-- RECORDS FOR PROCESSING follows --
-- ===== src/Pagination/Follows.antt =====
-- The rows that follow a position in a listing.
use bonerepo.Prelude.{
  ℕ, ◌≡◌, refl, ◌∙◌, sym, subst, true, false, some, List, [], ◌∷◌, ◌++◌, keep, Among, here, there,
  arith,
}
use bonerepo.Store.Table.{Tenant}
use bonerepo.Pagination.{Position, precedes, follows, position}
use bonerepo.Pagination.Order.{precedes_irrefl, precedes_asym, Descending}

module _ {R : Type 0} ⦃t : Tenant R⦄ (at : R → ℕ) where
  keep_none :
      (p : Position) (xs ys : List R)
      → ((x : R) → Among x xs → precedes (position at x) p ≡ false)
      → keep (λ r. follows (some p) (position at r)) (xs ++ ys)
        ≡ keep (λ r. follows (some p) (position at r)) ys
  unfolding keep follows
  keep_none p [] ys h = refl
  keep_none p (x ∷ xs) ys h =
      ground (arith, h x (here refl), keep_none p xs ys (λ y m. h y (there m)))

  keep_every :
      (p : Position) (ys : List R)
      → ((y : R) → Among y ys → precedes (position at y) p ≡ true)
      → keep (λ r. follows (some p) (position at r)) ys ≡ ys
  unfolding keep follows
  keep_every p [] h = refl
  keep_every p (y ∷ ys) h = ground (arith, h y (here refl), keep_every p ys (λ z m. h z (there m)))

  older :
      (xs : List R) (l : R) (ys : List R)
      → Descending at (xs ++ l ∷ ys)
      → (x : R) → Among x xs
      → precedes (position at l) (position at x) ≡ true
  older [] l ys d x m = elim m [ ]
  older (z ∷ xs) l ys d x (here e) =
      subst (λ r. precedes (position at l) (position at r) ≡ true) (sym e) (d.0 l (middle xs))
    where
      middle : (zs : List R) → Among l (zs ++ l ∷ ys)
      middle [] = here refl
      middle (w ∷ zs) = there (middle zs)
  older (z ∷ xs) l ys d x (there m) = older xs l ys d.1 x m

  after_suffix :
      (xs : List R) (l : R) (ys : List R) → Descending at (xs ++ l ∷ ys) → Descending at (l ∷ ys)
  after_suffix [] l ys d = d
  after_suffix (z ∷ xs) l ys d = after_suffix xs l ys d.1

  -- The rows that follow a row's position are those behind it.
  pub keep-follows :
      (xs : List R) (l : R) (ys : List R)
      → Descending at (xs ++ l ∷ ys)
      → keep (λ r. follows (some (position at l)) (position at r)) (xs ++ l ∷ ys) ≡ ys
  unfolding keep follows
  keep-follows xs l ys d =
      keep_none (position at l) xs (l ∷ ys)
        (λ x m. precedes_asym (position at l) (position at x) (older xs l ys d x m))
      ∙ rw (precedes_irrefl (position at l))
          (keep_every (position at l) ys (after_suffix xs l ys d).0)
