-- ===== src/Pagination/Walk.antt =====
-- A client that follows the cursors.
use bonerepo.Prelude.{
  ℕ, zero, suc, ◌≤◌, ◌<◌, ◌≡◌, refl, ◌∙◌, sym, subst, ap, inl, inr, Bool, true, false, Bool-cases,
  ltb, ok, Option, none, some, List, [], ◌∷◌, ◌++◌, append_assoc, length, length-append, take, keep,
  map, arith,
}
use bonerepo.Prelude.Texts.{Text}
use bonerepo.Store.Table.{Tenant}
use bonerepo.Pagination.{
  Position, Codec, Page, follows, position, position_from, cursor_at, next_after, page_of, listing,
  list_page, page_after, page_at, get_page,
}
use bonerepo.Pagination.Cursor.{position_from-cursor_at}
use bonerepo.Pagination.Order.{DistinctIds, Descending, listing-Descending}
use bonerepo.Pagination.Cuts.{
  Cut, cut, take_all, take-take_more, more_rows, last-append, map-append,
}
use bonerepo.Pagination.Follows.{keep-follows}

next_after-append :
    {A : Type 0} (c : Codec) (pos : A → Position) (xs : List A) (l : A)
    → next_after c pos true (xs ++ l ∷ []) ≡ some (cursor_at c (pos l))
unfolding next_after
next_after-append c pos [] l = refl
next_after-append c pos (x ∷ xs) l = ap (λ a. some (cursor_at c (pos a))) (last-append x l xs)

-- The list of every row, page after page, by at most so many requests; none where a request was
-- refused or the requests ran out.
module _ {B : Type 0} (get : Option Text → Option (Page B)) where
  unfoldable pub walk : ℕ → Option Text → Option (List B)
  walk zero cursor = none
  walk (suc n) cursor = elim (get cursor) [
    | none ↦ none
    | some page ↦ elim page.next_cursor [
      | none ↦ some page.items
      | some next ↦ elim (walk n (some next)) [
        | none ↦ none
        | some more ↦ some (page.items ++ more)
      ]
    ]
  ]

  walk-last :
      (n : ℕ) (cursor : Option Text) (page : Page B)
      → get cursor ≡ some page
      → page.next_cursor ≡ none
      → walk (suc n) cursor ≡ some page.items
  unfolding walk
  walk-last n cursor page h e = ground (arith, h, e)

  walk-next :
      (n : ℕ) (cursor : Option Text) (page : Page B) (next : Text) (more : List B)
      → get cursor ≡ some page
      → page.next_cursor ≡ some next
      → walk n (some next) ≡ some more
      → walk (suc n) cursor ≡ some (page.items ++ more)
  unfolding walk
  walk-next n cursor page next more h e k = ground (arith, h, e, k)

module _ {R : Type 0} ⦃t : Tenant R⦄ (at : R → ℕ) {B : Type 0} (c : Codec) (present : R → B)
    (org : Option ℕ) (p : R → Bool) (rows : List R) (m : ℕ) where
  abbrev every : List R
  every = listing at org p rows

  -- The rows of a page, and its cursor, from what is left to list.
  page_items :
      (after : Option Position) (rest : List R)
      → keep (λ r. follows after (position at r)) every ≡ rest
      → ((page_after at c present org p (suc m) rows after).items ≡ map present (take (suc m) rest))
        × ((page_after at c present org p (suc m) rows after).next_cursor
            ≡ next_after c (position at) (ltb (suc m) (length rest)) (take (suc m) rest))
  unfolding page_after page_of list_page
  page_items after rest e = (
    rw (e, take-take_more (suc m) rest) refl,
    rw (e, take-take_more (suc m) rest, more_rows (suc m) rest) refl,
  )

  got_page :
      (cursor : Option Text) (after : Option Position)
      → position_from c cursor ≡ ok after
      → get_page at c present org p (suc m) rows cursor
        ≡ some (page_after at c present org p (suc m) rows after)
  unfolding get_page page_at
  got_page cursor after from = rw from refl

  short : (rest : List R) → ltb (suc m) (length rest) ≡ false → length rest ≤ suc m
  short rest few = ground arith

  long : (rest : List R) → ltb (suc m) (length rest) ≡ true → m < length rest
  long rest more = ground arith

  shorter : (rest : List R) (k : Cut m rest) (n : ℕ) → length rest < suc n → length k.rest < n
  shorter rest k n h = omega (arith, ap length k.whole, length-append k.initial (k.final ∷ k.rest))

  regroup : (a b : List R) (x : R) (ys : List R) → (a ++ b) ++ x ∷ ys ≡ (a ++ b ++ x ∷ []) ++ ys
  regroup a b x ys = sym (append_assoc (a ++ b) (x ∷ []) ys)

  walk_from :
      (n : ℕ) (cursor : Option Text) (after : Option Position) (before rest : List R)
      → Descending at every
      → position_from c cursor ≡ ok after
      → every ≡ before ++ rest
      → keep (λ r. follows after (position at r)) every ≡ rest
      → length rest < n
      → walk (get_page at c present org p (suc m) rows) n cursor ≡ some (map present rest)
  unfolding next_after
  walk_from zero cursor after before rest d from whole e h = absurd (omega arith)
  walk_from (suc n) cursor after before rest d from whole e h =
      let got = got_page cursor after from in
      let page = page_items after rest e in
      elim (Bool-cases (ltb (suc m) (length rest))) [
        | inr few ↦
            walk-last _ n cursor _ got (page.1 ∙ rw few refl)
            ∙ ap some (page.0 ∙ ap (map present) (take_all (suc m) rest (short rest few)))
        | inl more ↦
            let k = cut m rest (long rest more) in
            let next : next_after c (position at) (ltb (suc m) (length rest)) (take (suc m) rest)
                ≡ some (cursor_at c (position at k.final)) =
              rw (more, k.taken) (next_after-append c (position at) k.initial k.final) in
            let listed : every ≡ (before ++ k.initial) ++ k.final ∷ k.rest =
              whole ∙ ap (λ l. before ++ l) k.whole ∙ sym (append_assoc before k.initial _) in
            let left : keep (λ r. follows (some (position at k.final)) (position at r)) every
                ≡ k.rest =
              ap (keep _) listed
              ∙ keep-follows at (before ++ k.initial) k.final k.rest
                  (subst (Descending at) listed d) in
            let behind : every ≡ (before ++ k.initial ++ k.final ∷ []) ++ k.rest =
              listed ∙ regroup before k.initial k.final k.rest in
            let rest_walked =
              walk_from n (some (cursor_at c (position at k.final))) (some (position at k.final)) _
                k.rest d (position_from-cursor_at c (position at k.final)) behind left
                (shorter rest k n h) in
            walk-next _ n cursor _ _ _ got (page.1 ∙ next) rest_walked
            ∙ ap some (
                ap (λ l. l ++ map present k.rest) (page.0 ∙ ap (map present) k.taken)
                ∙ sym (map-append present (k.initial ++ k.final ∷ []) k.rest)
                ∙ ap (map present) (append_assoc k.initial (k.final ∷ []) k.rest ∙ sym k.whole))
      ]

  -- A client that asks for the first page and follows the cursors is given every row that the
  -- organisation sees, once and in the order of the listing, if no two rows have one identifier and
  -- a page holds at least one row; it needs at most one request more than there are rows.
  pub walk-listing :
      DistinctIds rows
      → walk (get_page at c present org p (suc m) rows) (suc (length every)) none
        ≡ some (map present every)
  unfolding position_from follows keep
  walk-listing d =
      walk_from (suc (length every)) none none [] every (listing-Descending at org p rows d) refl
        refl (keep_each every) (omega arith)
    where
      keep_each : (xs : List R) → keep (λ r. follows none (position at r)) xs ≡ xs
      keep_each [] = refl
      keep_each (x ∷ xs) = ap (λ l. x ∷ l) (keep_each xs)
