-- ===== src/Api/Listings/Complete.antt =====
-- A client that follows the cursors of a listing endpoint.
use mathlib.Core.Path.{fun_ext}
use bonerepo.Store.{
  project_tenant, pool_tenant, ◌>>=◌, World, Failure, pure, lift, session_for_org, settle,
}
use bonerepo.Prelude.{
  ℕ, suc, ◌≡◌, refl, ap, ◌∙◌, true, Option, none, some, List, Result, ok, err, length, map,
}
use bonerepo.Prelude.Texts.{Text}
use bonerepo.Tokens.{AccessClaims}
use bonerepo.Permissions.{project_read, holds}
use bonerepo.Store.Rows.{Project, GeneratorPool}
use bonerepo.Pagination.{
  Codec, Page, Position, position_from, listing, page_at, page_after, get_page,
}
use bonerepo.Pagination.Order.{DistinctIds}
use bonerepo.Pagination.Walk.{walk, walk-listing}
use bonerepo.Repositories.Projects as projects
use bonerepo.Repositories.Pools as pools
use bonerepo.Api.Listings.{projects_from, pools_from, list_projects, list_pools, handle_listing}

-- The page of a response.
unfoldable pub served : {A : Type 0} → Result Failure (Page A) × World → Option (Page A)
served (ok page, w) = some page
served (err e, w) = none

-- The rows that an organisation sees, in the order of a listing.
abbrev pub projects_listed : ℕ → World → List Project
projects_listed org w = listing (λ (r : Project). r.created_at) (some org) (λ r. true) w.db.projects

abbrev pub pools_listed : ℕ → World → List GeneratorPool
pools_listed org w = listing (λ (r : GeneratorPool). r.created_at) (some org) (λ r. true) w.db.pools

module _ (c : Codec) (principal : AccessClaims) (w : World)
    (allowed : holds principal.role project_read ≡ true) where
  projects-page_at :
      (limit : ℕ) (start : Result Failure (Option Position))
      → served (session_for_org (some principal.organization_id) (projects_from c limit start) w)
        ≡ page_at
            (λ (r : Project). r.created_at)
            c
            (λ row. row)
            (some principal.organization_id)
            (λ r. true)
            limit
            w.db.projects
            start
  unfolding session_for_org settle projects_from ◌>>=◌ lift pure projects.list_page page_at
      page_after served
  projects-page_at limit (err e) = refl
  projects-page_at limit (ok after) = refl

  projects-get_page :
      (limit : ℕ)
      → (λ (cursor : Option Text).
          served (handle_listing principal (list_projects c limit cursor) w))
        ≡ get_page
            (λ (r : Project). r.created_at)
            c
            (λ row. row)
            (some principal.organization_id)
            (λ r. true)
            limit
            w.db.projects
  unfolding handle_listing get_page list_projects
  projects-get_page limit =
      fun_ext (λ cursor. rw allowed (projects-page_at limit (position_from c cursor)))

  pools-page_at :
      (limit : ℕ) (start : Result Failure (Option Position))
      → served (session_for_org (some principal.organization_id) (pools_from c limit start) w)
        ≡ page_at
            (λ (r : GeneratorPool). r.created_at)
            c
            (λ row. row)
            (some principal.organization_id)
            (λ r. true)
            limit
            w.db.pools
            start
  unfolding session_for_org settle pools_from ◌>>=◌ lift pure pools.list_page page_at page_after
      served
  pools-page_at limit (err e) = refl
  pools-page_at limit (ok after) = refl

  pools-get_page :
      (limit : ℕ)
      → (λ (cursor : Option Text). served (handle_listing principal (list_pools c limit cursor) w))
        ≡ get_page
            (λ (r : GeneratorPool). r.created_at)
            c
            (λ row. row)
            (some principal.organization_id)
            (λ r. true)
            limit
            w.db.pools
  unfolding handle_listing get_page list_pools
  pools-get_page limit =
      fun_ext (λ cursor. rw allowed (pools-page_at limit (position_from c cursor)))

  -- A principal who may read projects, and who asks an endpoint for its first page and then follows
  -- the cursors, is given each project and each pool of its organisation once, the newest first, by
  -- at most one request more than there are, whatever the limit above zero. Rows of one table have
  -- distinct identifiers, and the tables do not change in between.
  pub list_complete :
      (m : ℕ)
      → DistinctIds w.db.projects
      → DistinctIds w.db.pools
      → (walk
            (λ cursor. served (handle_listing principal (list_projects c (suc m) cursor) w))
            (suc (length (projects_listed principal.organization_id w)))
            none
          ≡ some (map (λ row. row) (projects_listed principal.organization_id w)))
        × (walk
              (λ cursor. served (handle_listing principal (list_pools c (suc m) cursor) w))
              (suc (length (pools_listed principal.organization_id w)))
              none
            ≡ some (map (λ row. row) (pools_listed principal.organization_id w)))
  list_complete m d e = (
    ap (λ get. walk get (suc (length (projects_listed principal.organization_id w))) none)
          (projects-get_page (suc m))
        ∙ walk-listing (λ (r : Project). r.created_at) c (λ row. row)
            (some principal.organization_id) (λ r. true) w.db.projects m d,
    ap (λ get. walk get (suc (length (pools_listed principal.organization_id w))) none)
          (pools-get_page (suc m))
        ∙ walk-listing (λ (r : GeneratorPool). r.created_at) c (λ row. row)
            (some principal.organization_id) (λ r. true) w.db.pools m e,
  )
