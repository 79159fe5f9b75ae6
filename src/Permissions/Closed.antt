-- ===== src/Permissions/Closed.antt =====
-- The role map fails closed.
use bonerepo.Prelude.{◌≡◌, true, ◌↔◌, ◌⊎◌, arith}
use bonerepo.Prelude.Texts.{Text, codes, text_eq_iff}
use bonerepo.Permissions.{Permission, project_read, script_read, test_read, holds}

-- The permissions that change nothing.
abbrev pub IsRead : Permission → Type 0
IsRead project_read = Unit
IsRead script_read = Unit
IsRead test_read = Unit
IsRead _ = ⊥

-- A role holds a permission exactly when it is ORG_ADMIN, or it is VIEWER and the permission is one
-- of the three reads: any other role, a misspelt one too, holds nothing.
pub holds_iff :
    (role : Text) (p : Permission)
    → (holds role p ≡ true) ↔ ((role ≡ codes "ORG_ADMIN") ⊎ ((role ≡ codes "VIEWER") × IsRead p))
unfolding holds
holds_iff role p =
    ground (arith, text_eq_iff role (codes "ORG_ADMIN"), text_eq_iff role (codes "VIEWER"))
-- RECORDS FOR PROCESSING concluded --
The answer is the run of lines above from the line containing "let next : next_after" through the line containing "DistinctIds rows", copied exactly and alone.

### RESPONSE
            let next : next_after c (position at) (ltb (suc m) (length rest)) (take (suc m) rest)
                ≡ some (cursor_at c (position at k.final)) =
              rw (more, k.taken) (next_after-append c (position at) k.initial k.final) in
            let listed : every ≡ (before ++ k.initial) ++ k.final ∷ k.rest =
              whole ∙ ap (λ l. before ++ l) k.whole ∙ sym (append_assoc before k.initial _) in
            let left : keep (λ r. follows (some (position at k.final)) (position at r)) every
                ≡ k.rest =
              ap (keep _) listed
              ∙ keep-follows at (before ++ k.initial) k.final k.rest
                  (subst (Descending at) listed d) in
            let behind : every ≡ (before ++ k.initial ++ k.final ∷ []) ++ k.rest =
              listed ∙ regroup before k.initial k.final k.rest in
            let rest_walked =
              walk_from n (some (cursor_at c (position at k.final))) (some (position at k.final)) _
                k.rest d (position_from-cursor_at c (position at k.final)) behind left
                (shorter rest k n h) in
            walk-next _ n cursor _ _ _ got (page.1 ∙ next) rest_walked
            ∙ ap some (
                ap (λ l. l ++ map present k.rest) (page.0 ∙ ap (map present) k.taken)
                ∙ sym (map-append present (k.initial ++ k.final ∷ []) k.rest)
                ∙ ap (map present) (append_assoc k.initial (k.final ∷ []) k.rest ∙ sym k.whole))
      ]

  -- A client that asks for the first page and follows the cursors is given every row that the
  -- organisation sees, once and in the order of the listing, if no two rows have one identifier and
  -- a page holds at least one row; it needs at most one request more than there are rows.
  pub walk-listing :
      DistinctIds rows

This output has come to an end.